Kriz anında bilgi yönetimi eğitimi ile halkın, terör, şiddet ve afet gibi konularda doğru bilgiye erişme yöntemlerini öğrenmesi sağlanabilir. Eğitim programları, özellikle kriz dönemlerinde yanlış bilgi yayılmasını önlemek için medya okuryazarlığını artırabilir. “Özgürlük” endişelerini gidermek için, içerik denetiminde şeffaflık sağlanmalı, sosyal medya platformlarının içerik kaldırma politikaları daha açık ve anlaşılır hale getirilmeli, bağımsız denetçilerle iş birliği yapılmalıdır. Hesap Doğrulama Sistemi yaygınlaştırılmalı, kamu düzeniyle ilgili hassas konularda bilgi paylaşan hesaplar için zorunlu doğrulama mekanizmaları oluşturulabilir. Kriz dönemlerinde dezenformasyonu önlemek için resmi kaynakların hızlı ve düzenli bilgi paylaşımı yapması sağlanmalıdır.

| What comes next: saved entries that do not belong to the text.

-- ===== src/Recovery/Journal/HeadTrip.antt =====
-- The text of a head of crates/uf-daemon/src/ddr_recovery_journal.rs, written and parsed.
use uflow.Prelude.{
  ℕ, ◌<◌, ◌≡◌, refl, ◌∙◌, [], ◌∷◌, ◌++◌, Bool, true, false, not, ◌&&◌, none, some, ok, All, arith,
  ltb, ◌==◌, bytes_beq, bytes_beq_refl, u64_mod,
}
use uflow.Prelude.Text.{Str, text, to_decimal}
use uflow.Recovery.Audit.State.{valid_name, all_bytes, is_token_byte}
use uflow.Recovery.Journal.Head.{
  Mode, clean, dirty, Head, mode_name, state_version, line_then, encode_head, cut_line,
  strip_return, next_line, strip_prefix, field, to_hex, parse_mode, is_inconsistent, check_head,
  parse_head, valid_broker, number,
}
use uflow.Recovery.Journal.Numerals.{
  LineByte, All-append, to_decimal_plain, hex_plain, parse_u64-to_decimal, parse_u64-to_hex,
}

abbrev pub is_plain : ℕ → Bool
is_plain c = ltb 13 c && (ltb c 128 && not (c == 43))

plain_bytes :
    (test : ℕ → Bool)
    → ((c : ℕ) → test c ≡ true → is_plain c ≡ true)
    → (s : Str) → all_bytes test s ≡ true
    → All LineByte s
unfolding all_bytes
plain_bytes test plain [] passed = tt
plain_bytes test plain (c ∷ cs) passed = (
  (ground (arith, plain c), ground (arith, plain c), ground (arith, plain c)),
  plain_bytes test plain cs (ground arith),
)

pub plain_text : (s : Str) → all_bytes is_plain s ≡ true → All LineByte s
plain_text s passed = plain_bytes is_plain (λ c e. e) s passed

pub broker_plain : (s : Str) → valid_broker s ≡ true → All LineByte s
unfolding valid_name
broker_plain s valid = plain_bytes is_token_byte (λ c e. ground arith) s (ground arith)

cut_line_plain : (x rest : Str) → All LineByte x → cut_line (x ++ (10 ∷ rest)) ≡ some (x, rest)
unfolding cut_line
cut_line_plain [] rest plain = refl
cut_line_plain (c ∷ cs) rest ((high, _, _), plain) =
    ground (arith, high, cut_line_plain cs rest plain)

strip_return_plain : (x : Str) → All LineByte x → strip_return x ≡ x
unfolding strip_return
strip_return_plain [] plain = refl
strip_return_plain (c ∷ []) ((high, _, _), plain) = ground (arith, high)
strip_return_plain (c ∷ d ∷ cs) (first, plain) = ground (arith, strip_return_plain (d ∷ cs) plain)

cut_line-nil : cut_line [] ≡ none
unfolding cut_line
cut_line-nil = refl

next_line_cut :
    (source line rest : Str)
    → cut_line source ≡ some (line, rest)
    → next_line source ≡ some (strip_return line, rest)
unfolding next_line
next_line_cut [] line rest e = absurd (ground (arith, e, cut_line-nil))
next_line_cut (c ∷ cs) line rest e = ground (arith, e)

next_line_plain : (x rest : Str) → All LineByte x → next_line (line_then x rest) ≡ some (x, rest)
next_line_plain x rest plain =
    next_line_cut (line_then x rest) x rest (cut_line_plain x rest plain)
    ∙ rw (strip_return_plain x plain) refl

strip_prefix-append : (prefix x : Str) → strip_prefix prefix (prefix ++ x) ≡ some x
unfolding strip_prefix
strip_prefix-append [] x = refl
strip_prefix-append (p ∷ ps) x = ground (arith, strip_prefix-append ps x)

field-line :
    (prefix x rest : Str)
    → all_bytes is_plain prefix ≡ true
    → All LineByte x
    → field prefix (line_then (prefix ++ x) rest) ≡ ok (x, rest)
unfolding field
field-line prefix x rest head plain =
    rw
      (
        next_line_plain (prefix ++ x) rest
            (All-append LineByte prefix x (plain_text prefix head) plain),
        strip_prefix-append prefix x,
      )
      refl

pub parse_mode-name : (m : Mode) → (parse_mode (mode_name m) ≡ ok m) × All LineByte (mode_name m)
unfolding parse_mode bytes_beq text all_bytes
parse_mode-name clean = (refl, plain_text (text "clean") refl)
parse_mode-name dirty = (refl, plain_text (text "dirty") refl)

-- The numbers of a head are numbers of 64 bits.
pub record Narrow (h : Head) : Type 0 where
  pub sequence : h.sequence < u64_mod
  pub offset : h.offset < u64_mod
  pub checksum : h.checksum < u64_mod
  pub clean_sequence : h.clean_sequence < u64_mod

pub label_version : all_bytes is_plain (text "uflow-ddr-recovery-head-v1") ≡ true
unfolding text all_bytes
label_version = refl

pub label_mode : all_bytes is_plain (text "mode=") ≡ true
unfolding text all_bytes
label_mode = refl

pub label_broker : all_bytes is_plain (text "broker=") ≡ true
unfolding text all_bytes
label_broker = refl

pub label_sequence : all_bytes is_plain (text "sequence=") ≡ true
unfolding text all_bytes
label_sequence = refl

pub label_offset : all_bytes is_plain (text "offset=") ≡ true
unfolding text all_bytes
label_offset = refl

pub label_checksum : all_bytes is_plain (text "checksum=") ≡ true
unfolding text all_bytes
label_checksum = refl

pub label_clean : all_bytes is_plain (text "clean_sequence=") ≡ true
unfolding text all_bytes
label_clean = refl

abbrev after_version : Head → Str
after_version h = line_then (text "mode=" ++ mode_name h.mode) (
    line_then (text "broker=" ++ h.broker) (
      line_then (text "sequence=" ++ to_decimal h.sequence) (
        line_then (text "offset=" ++ to_decimal h.offset) (
          line_then (text "checksum=" ++ to_hex 16 h.checksum)
            (line_then (text "clean_sequence=" ++ to_decimal h.clean_sequence) [])))))

first_line : (h : Head) → next_line (encode_head h) ≡ some (state_version, after_version h)
unfolding encode_head
first_line h =
    next_line_plain state_version (after_version h) (plain_text state_version label_version)

pub known_broker : (h : Head) → is_inconsistent h ≡ false → valid_broker h.broker ≡ true
unfolding is_inconsistent
known_broker h consistent = ground arith

check_head-encoded : (h : Head) → is_inconsistent h ≡ false → check_head (encode_head h) [] h ≡ ok h
unfolding check_head next_line
check_head-encoded h consistent = rw (bytes_beq_refl (encode_head h), consistent) refl

number-decimal : (n : ℕ) → n < u64_mod → number (to_decimal n) ≡ ok n
number-decimal n small = rw (parse_u64-to_decimal n small) refl

-- The text of a head that is consistent, with numbers of 64 bits, is parsed as the head.
pub parse_head-encode_head :
    (h : Head) → Narrow h → is_inconsistent h ≡ false → parse_head (encode_head h) ≡ ok h
unfolding parse_head
parse_head-encode_head h narrow consistent =
    let r5 = line_then (text "clean_sequence=" ++ to_decimal h.clean_sequence) [] in
    let r4 = line_then (text "checksum=" ++ to_hex 16 h.checksum) r5 in
    let r3 = line_then (text "offset=" ++ to_decimal h.offset) r4 in
    let r2 = line_then (text "sequence=" ++ to_decimal h.sequence) r3 in
    let r1 = line_then (text "broker=" ++ h.broker) r2 in
    let r0 = line_then (text "mode=" ++ mode_name h.mode) r1 in
    let (mode_read, mode_plain) = parse_mode-name h.mode in
    rw
      (
        first_line h,
        bytes_beq_refl state_version,
        field-line (text "mode=") (mode_name h.mode) r1 label_mode mode_plain,
        mode_read,
        field-line (text "broker=") h.broker r2 label_broker
            (broker_plain h.broker (known_broker h consistent)),
        field-line (text "sequence=") (to_decimal h.sequence) r3 label_sequence
            (to_decimal_plain h.sequence),
        number-decimal h.sequence narrow.sequence,
        field-line (text "offset=") (to_decimal h.offset) r4 label_offset
            (to_decimal_plain h.offset),
        number-decimal h.offset narrow.offset,
        field-line (text "checksum=") (to_hex 16 h.checksum) r5 label_checksum
            (hex_plain 16 h.checksum),
        parse_u64-to_hex h.checksum narrow.checksum,
        field-line (text "clean_sequence=") (to_decimal h.clean_sequence) [] label_clean
            (to_decimal_plain h.clean_sequence),
        number-decimal h.clean_sequence narrow.clean_sequence,
      )
      (check_head-encoded h consistent)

Medya kuruluşları, resmi kaynaklarla iş birliği yaparak spekülasyon içeren haberlerin yayılmasını sınırlandırabilir. Özellikle afet ve terör dönemlerinde yerel toplulukların katılımıyla dezenformasyonu engelleyen ağlar kurulabilir.
Elbette ki, dezenformasyonla mücadelede ifade özgürlüğünün korunması ve bireysel hakların ihlal edilmemesi kritik bir denge noktasıdır. Bunun içindir ki, yasaların net ve açık olması, keyfi uygulamalara karşı önlemler alınması şarttır. Bağımsız gözlem mekanizmalarıyla da dezenformasyonun engellenmesine yönelik yasalarının kötüye kullanımının önüne geçilmesi mümkün olacaktır.